(EXERCISE OBJECTIVE):
Write the records out again, exactly as they stand below.

[Records excerpted from a collection]
Content starts

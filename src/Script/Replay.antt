-- ===== src/Script/Replay.antt =====
-- A generated script can be replayed on a document that nobody else edits.
use cs4730_collaborative_tex.Base.{
  ℕ, zero, suc, ◌+◌, ◌-◌, ◌<◌, ◌≡◌, refl, ap, ◌∙◌, sym, ltb→lt, ◌&&◌, true, List, [], ◌∷◌, ◌++◌,
  append_assoc, Option, some, arith, ltb, length, Bool-cases, inl, inr, ◌>>=◌,
}
use cs4730_collaborative_tex.Base.Int.{pos, pos_part, leb_ℤ}
use cs4730_collaborative_tex.Document.{insert_at, delete_at, insert_at_inside, delete_at_inside}
use cs4730_collaborative_tex.Script.{
  Rng, Options, Command, sleep, insert, delete, dump, quit, Loop, edit, pause, rounds, generate,
  prob_in_range, char_offset, letter, deletes, delete_edit, insert_edit,
}

-- One command on a document; `none` where a position is out of range.
abbrev pub apply : Command → List ℕ → Option (List ℕ)
apply (sleep _) s = some s
apply (insert p c) s = insert_at p c s
apply (delete p) s = delete_at p s
apply dump s = some s
apply quit s = some s

abbrev pub replay : List Command → List ℕ → Option (List ℕ)
replay [] s = some s
replay (c ∷ cs) s = apply c s >>= replay cs

-- The command edits the document.
abbrev pub is_edit : Command → ℕ
is_edit (sleep _) = 0
is_edit (insert _ _) = 1
is_edit (delete _) = 1
is_edit dump = 0
is_edit quit = 0

abbrev pub count_edits : List Command → ℕ
count_edits [] = 0
count_edits (c ∷ cs) = is_edit c + count_edits cs

pub count_edits-append :
    (cs ds : List Command) → count_edits (cs ++ ds) ≡ count_edits cs + count_edits ds
count_edits-append [] ds = omega arith
count_edits-append (c ∷ cs) ds = omega (arith, count_edits-append cs ds)

module _ (rng : Rng) (o : Options) where
  open rng use {State, randint, randint-le}

  -- What one edit does to a document of the tracked length.
  abbrev Fits : List ℕ → Command × Loop rng o → Type 0
  Fits s (c, l) = (r : List ℕ) × (apply c s ≡ some r) × (length r ≡ l.local_len) × (is_edit c ≡ 1)

  delete_edit-Fits :
      (l : Loop rng o) (st : State) (s : List ℕ)
      → length s ≡ l.local_len
      → 0 < l.local_len
      → Fits s (delete_edit rng o l st)
  unfolding delete_edit
  delete_edit-Fits l st s h some_text =
      let place = randint-le st (l.local_len - 1) in
      let (r, e, n) = delete_at_inside (randint st (l.local_len - 1)).0 s (omega arith) in
      (r, e, omega arith, refl)

  insert_edit-Fits :
      (i : ℕ) (l : Loop rng o) (st : State) (s : List ℕ)
      → length s ≡ l.local_len
      → Fits s (insert_edit rng o i l st)
  unfolding insert_edit
  insert_edit-Fits i l st s h =
      let place = randint-le st l.local_len in
      let c = letter i (char_offset o.peer_id) in
      let (r, e, n) = insert_at_inside (randint st l.local_len).0 c s (omega arith) in
      (r, e, omega arith, refl)

  deletes_text : (l : Loop rng o) → (deletes rng o l).0 ≡ true → 0 < l.local_len
  unfolding deletes
  deletes_text l h = elim (Bool-cases (ltb 0 l.local_len)) [
    | inl e ↦ ltb→lt 0 l.local_len e
    | inr e ↦ absurd (ground arith)
  ]

  edit-Fits :
      (i : ℕ) (l : Loop rng o) (s : List ℕ) → length s ≡ l.local_len → Fits s (edit rng o i l)
  unfolding edit
  edit-Fits i l s h = elim (Bool-cases ((deletes rng o l).0)) [
    | inl e ↦ rw e (delete_edit-Fits l (deletes rng o l).1 s h (deletes_text l e))
    | inr e ↦ rw e (insert_edit-Fits i l (deletes rng o l).1 s h)
  ]

  -- A batch's sleep edits nothing.
  abbrev Quiet : Loop rng o → List Command × Loop rng o → Type 0
  Quiet l (cs, l') =
      ((s : List ℕ) (more : List Command) → replay (cs ++ more) s ≡ replay more s)
      × (l'.local_len ≡ l.local_len)
      × (count_edits cs ≡ 0)

  pause-Quiet : (left : ℕ) (l : Loop rng o) → Quiet l (pause rng o left l)
  unfolding pause
  pause-Quiet left l = elim (Bool-cases (leb_ℤ o.batch (pos l.batch_count) && ltb 0 left)) [
    | inl e ↦ rw e (λ s more. refl, refl, refl)
    | inr e ↦ rw e (λ s more. refl, refl, refl)
  ]

  pub rounds_fit :
      (left i : ℕ) (l : Loop rng o) (s : List ℕ)
      → length s ≡ l.local_len
      → (r : List ℕ) × ((more : List Command)
          → replay (rounds rng o left i l ++ more) s ≡ replay more r)
        × (count_edits (rounds rng o left i l) ≡ left)
  unfolding rounds
  rounds_fit zero i l s h = (s, λ more. refl, refl)
  rounds_fit (suc left) i l s h =
      let (r, applied, fits, counted) = edit-Fits i l s h in
      let l1 = (edit rng o i l).1 in
      let (quiet, same, none_counted) = pause-Quiet left l1 in
      let l2 = (pause rng o left l1).1 in
      let pauses = (pause rng o left l1).0 in
      let rest = rounds rng o left (suc i) l2 in
      let (final, replayed, count) = rounds_fit left (suc i) l2 r (fits ∙ sym same) in
      (
        final,
        λ more.
            ap (λ t. t >>= replay ((pauses ++ rest) ++ more)) applied
            ∙ ap (λ cs. replay cs r) (append_assoc pauses rest more)
            ∙ quiet r (rest ++ more)
            ∙ replayed more,
        omega (arith, counted, none_counted, count, count_edits-append pauses rest),
      )

-- Where the probability is above 0 and at most 1, a script is generated, and it can be replayed on an
-- empty document that nobody else edits: no insertion or deletion is out of range. It has as many
-- edits as `--ops` says, none for a negative number.
pub generate_replays :
    (rng : Rng) (o : Options)
    → prob_in_range o ≡ true
    → (cs : List Command) × (r : List ℕ) × (generate rng o ≡ some cs)
      × (replay cs [] ≡ some r)
      × (count_edits cs ≡ pos_part o.ops)
unfolding generate
generate_replays rng o e =
    let l : Loop rng o = record { state = rng.seeded o.seed; local_len = 0; batch_count = 0 } in
    let tail = sleep o.drain_ms ∷ dump ∷ quit ∷ [] in
    let body = rounds rng o (pos_part o.ops) 0 l in
    let (r, replayed, count) = rounds_fit rng o (pos_part o.ops) 0 l [] refl in
    (
      sleep o.start_delay ∷ (body ++ tail),
      r,
      rw e,
      replayed tail,
      omega (arith, count, count_edits-append body tail),
    )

Content ends

(EXERCISE RESPONSE):
filename src/Script/Replay.antt
-- ===== src/Script/Replay.antt =====
-- A generated script can be replayed on a document that nobody else edits.
use cs4730_collaborative_tex.Base.{
  ℕ, zero, suc, ◌+◌, ◌-◌, ◌<◌, ◌≡◌, refl, ap, ◌∙◌, sym, ltb→lt, ◌&&◌, true, List, [], ◌∷◌, ◌++◌,
  append_assoc, Option, some, arith, ltb, length, Bool-cases, inl, inr, ◌>>=◌,
}
use cs4730_collaborative_tex.Base.Int.{pos, pos_part, leb_ℤ}
use cs4730_collaborative_tex.Document.{insert_at, delete_at, insert_at_inside, delete_at_inside}
use cs4730_collaborative_tex.Script.{
  Rng, Options, Command, sleep, insert, delete, dump, quit, Loop, edit, pause, rounds, generate,
  prob_in_range, char_offset, letter, deletes, delete_edit, insert_edit,
}

-- One command on a document; `none` where a position is out of range.
abbrev pub apply : Command → List ℕ → Option (List ℕ)
apply (sleep _) s = some s
apply (insert p c) s = insert_at p c s
apply (delete p) s = delete_at p s
apply dump s = some s
apply quit s = some s

abbrev pub replay : List Command → List ℕ → Option (List ℕ)
replay [] s = some s
replay (c ∷ cs) s = apply c s >>= replay cs

-- The command edits the document.
abbrev pub is_edit : Command → ℕ
is_edit (sleep _) = 0
is_edit (insert _ _) = 1
is_edit (delete _) = 1
is_edit dump = 0
is_edit quit = 0

abbrev pub count_edits : List Command → ℕ
count_edits [] = 0
count_edits (c ∷ cs) = is_edit c + count_edits cs

pub count_edits-append :
    (cs ds : List Command) → count_edits (cs ++ ds) ≡ count_edits cs + count_edits ds
count_edits-append [] ds = omega arith
count_edits-append (c ∷ cs) ds = omega (arith, count_edits-append cs ds)

module _ (rng : Rng) (o : Options) where
  open rng use {State, randint, randint-le}

  -- What one edit does to a document of the tracked length.
  abbrev Fits : List ℕ → Command × Loop rng o → Type 0
  Fits s (c, l) = (r : List ℕ) × (apply c s ≡ some r) × (length r ≡ l.local_len) × (is_edit c ≡ 1)

  delete_edit-Fits :
      (l : Loop rng o) (st : State) (s : List ℕ)
      → length s ≡ l.local_len
      → 0 < l.local_len
      → Fits s (delete_edit rng o l st)
  unfolding delete_edit
  delete_edit-Fits l st s h some_text =
      let place = randint-le st (l.local_len - 1) in
      let (r, e, n) = delete_at_inside (randint st (l.local_len - 1)).0 s (omega arith) in
      (r, e, omega arith, refl)

  insert_edit-Fits :
      (i : ℕ) (l : Loop rng o) (st : State) (s : List ℕ)
      → length s ≡ l.local_len
      → Fits s (insert_edit rng o i l st)
  unfolding insert_edit
  insert_edit-Fits i l st s h =
      let place = randint-le st l.local_len in
      let c = letter i (char_offset o.peer_id) in
      let (r, e, n) = insert_at_inside (randint st l.local_len).0 c s (omega arith) in
      (r, e, omega arith, refl)

  deletes_text : (l : Loop rng o) → (deletes rng o l).0 ≡ true → 0 < l.local_len
  unfolding deletes
  deletes_text l h = elim (Bool-cases (ltb 0 l.local_len)) [
    | inl e ↦ ltb→lt 0 l.local_len e
    | inr e ↦ absurd (ground arith)
  ]

  edit-Fits :
      (i : ℕ) (l : Loop rng o) (s : List ℕ) → length s ≡ l.local_len → Fits s (edit rng o i l)
  unfolding edit
  edit-Fits i l s h = elim (Bool-cases ((deletes rng o l).0)) [
    | inl e ↦ rw e (delete_edit-Fits l (deletes rng o l).1 s h (deletes_text l e))
    | inr e ↦ rw e (insert_edit-Fits i l (deletes rng o l).1 s h)
  ]

  -- A batch's sleep edits nothing.
  abbrev Quiet : Loop rng o → List Command × Loop rng o → Type 0
  Quiet l (cs, l') =
      ((s : List ℕ) (more : List Command) → replay (cs ++ more) s ≡ replay more s)
      × (l'.local_len ≡ l.local_len)
      × (count_edits cs ≡ 0)

  pause-Quiet : (left : ℕ) (l : Loop rng o) → Quiet l (pause rng o left l)
  unfolding pause
  pause-Quiet left l = elim (Bool-cases (leb_ℤ o.batch (pos l.batch_count) && ltb 0 left)) [
    | inl e ↦ rw e (λ s more. refl, refl, refl)
    | inr e ↦ rw e (λ s more. refl, refl, refl)
  ]

  pub rounds_fit :
      (left i : ℕ) (l : Loop rng o) (s : List ℕ)
      → length s ≡ l.local_len
      → (r : List ℕ) × ((more : List Command)
          → replay (rounds rng o left i l ++ more) s ≡ replay more r)
        × (count_edits (rounds rng o left i l) ≡ left)
  unfolding rounds
  rounds_fit zero i l s h = (s, λ more. refl, refl)
  rounds_fit (suc left) i l s h =
      let (r, applied, fits, counted) = edit-Fits i l s h in
      let l1 = (edit rng o i l).1 in
      let (quiet, same, none_counted) = pause-Quiet left l1 in
      let l2 = (pause rng o left l1).1 in
      let pauses = (pause rng o left l1).0 in
      let rest = rounds rng o left (suc i) l2 in
      let (final, replayed, count) = rounds_fit left (suc i) l2 r (fits ∙ sym same) in
      (
        final,
        λ more.
            ap (λ t. t >>= replay ((pauses ++ rest) ++ more)) applied
            ∙ ap (λ cs. replay cs r) (append_assoc pauses rest more)
            ∙ quiet r (rest ++ more)
            ∙ replayed more,
        omega (arith, counted, none_counted, count, count_edits-append pauses rest),
      )

-- Where the probability is above 0 and at most 1, a script is generated, and it can be replayed on an
-- empty document that nobody else edits: no insertion or deletion is out of range. It has as many
-- edits as `--ops` says, none for a negative number.
pub generate_replays :
    (rng : Rng) (o : Options)
    → prob_in_range o ≡ true
    → (cs : List Command) × (r : List ℕ) × (generate rng o ≡ some cs)
      × (replay cs [] ≡ some r)
      × (count_edits cs ≡ pos_part o.ops)
unfolding generate
generate_replays rng o e =
    let l : Loop rng o = record { state = rng.seeded o.seed; local_len = 0; batch_count = 0 } in
    let tail = sleep o.drain_ms ∷ dump ∷ quit ∷ [] in
    let body = rounds rng o (pos_part o.ops) 0 l in
    let (r, replayed, count) = rounds_fit rng o (pos_part o.ops) 0 l [] refl in
    (
      sleep o.start_delay ∷ (body ++ tail),
      r,
      rw e,
      replayed tail,
      omega (arith, count, count_edits-append body tail),
    )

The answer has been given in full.